EXERCISE DESCRIPTION:
What lines of the data include the string "each"? Copy them all.

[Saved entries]
BEGIN

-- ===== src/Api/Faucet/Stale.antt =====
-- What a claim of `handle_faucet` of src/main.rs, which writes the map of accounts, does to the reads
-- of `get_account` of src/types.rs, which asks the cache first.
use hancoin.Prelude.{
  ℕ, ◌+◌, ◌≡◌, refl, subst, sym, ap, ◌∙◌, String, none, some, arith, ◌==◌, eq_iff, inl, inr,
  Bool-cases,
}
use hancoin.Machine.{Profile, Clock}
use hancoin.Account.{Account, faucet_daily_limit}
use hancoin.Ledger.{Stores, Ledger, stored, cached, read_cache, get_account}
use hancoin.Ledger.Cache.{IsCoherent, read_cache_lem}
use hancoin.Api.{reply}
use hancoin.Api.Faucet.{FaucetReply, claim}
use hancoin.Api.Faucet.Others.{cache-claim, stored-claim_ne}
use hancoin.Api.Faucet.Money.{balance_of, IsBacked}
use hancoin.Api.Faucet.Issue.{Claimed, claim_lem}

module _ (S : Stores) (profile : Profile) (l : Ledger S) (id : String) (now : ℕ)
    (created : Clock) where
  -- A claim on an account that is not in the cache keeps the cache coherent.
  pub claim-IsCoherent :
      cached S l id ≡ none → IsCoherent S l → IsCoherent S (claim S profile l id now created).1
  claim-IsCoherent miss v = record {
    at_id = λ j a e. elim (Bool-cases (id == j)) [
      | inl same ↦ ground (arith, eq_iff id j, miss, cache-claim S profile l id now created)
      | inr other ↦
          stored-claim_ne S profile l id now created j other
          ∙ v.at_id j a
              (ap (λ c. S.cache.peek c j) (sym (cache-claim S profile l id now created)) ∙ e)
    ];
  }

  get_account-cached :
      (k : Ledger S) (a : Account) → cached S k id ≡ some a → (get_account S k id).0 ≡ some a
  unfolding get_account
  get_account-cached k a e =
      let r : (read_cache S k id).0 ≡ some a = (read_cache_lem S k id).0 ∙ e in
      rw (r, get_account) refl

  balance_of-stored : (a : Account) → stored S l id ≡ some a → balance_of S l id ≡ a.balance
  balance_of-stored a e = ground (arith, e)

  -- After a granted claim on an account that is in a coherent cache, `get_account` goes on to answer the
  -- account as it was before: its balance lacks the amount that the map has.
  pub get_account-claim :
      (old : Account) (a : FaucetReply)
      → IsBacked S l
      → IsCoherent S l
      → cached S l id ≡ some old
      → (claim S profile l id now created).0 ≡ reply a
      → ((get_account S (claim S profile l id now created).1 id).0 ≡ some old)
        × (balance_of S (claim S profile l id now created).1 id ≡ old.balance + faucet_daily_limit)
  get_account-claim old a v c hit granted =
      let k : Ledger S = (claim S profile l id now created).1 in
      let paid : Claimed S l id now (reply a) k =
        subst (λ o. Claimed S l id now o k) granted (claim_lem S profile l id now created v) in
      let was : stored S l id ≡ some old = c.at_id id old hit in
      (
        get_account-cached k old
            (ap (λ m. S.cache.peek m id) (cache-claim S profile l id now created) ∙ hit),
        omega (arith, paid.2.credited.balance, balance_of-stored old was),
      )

END
BEGIN

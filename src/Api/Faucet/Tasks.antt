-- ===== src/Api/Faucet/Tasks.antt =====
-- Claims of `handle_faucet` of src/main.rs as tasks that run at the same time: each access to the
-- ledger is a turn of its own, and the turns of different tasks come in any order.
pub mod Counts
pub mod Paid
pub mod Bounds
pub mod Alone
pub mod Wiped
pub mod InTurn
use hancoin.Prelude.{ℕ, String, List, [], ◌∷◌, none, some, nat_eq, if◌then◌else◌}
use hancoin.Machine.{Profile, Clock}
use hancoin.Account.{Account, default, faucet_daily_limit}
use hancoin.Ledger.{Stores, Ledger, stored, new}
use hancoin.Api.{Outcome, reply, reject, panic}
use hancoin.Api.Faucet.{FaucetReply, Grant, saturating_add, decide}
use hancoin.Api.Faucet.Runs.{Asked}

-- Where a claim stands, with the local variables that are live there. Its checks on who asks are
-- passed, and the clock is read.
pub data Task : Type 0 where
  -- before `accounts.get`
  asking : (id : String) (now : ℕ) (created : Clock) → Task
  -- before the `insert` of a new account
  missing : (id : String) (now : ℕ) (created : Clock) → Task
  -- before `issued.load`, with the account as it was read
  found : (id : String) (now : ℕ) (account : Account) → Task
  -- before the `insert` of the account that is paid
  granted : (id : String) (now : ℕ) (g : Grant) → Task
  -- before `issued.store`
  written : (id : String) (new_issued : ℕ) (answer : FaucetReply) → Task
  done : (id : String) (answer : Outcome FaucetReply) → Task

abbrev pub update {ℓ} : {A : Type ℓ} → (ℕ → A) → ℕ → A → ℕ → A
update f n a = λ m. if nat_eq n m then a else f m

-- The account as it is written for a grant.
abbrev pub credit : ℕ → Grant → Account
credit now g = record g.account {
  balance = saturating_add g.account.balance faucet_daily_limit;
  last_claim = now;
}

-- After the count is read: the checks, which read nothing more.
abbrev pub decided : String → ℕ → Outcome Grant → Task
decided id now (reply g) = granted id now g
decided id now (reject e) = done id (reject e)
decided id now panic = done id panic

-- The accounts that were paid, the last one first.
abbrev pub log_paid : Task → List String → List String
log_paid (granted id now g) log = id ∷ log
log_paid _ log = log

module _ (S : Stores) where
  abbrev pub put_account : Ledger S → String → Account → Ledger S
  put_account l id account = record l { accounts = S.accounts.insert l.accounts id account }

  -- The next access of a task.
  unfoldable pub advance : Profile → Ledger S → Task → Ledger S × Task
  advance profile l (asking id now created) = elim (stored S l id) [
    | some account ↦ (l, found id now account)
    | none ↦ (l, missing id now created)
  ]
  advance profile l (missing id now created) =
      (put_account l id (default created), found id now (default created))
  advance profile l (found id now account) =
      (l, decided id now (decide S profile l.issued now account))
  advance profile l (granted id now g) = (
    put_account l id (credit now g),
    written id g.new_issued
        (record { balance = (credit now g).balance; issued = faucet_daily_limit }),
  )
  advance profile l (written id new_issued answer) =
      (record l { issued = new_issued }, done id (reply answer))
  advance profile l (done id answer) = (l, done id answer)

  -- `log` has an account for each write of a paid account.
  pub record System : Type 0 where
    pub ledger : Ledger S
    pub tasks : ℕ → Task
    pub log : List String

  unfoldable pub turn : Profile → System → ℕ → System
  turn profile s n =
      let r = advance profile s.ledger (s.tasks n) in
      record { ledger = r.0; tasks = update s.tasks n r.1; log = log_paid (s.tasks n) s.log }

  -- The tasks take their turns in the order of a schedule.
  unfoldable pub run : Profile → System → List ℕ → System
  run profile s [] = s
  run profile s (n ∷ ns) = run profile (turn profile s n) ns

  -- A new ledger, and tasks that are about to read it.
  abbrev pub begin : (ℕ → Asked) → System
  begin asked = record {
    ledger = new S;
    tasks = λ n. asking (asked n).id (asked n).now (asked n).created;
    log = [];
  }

END
BEGIN

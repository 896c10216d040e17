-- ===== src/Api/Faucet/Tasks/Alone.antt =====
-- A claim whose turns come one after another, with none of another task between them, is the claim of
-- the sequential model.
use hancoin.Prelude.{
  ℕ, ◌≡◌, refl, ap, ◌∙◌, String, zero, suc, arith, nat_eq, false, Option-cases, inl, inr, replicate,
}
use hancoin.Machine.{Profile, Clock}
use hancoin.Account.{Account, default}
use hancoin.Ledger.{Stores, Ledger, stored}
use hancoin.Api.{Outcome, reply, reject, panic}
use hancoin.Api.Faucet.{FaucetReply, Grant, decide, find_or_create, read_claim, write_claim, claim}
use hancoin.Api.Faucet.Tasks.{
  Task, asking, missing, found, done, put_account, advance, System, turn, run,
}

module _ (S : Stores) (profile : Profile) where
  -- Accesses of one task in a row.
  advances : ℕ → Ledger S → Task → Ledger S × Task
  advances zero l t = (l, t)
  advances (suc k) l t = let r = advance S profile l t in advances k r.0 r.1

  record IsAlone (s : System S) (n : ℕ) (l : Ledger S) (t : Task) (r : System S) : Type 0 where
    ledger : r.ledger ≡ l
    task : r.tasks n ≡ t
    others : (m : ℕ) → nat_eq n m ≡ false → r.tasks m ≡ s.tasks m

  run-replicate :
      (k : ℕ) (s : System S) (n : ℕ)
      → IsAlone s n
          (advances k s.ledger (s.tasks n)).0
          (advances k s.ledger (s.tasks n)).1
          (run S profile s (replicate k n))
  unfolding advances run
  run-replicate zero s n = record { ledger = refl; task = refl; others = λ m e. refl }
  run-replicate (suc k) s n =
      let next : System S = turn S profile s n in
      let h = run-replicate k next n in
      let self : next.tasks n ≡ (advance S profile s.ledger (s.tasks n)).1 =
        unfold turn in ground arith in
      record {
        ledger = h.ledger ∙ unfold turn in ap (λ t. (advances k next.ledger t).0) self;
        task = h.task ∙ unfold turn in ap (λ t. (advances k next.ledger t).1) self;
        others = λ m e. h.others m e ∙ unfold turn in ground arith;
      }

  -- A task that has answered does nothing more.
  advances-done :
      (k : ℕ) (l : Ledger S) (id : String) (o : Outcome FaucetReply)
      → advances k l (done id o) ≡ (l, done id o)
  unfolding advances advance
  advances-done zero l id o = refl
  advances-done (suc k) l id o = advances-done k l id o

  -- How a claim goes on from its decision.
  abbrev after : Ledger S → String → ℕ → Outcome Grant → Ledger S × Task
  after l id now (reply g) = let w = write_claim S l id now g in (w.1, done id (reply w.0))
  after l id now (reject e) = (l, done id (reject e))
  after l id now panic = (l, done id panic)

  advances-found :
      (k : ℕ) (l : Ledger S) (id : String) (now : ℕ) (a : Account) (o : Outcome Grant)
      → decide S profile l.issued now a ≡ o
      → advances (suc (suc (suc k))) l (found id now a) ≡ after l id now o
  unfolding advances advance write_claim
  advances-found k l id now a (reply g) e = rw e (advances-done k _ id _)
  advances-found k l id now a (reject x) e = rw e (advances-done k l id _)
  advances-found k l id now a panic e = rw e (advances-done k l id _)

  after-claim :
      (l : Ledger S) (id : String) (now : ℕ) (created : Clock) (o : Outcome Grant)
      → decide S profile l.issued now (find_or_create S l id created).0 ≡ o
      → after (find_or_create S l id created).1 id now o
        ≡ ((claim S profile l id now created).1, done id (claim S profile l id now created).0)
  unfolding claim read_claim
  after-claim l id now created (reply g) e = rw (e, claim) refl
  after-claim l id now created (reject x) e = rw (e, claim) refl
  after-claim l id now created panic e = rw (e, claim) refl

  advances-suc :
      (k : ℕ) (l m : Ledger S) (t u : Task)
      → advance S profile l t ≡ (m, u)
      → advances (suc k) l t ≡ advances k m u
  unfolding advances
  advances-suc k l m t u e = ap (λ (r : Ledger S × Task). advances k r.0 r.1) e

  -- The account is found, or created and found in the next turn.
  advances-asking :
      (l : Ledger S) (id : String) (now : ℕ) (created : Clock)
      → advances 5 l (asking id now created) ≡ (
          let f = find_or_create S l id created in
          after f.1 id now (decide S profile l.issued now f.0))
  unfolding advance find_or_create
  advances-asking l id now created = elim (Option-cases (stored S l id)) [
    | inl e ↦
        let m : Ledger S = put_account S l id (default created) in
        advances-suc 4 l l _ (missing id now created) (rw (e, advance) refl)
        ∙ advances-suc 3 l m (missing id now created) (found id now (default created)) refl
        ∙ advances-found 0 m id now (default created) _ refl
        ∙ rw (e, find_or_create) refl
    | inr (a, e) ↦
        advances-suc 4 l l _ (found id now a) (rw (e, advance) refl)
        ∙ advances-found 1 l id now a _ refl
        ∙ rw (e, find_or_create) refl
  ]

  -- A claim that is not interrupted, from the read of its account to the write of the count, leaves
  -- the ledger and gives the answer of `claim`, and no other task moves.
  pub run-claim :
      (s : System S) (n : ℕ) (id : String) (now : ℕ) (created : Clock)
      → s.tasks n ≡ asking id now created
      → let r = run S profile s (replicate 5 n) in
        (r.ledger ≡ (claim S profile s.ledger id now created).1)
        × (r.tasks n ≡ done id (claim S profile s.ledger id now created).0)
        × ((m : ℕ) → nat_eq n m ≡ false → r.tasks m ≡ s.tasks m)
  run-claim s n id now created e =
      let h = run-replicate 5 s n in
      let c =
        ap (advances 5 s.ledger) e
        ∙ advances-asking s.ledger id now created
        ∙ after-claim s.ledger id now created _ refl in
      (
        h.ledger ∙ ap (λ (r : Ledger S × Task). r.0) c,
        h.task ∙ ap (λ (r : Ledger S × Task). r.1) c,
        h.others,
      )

END

ANSWER FOR THIS EXERCISE:
-- Claims of `handle_faucet` of src/main.rs as tasks that run at the same time: each access to the
  -- `log` has an account for each write of a paid account.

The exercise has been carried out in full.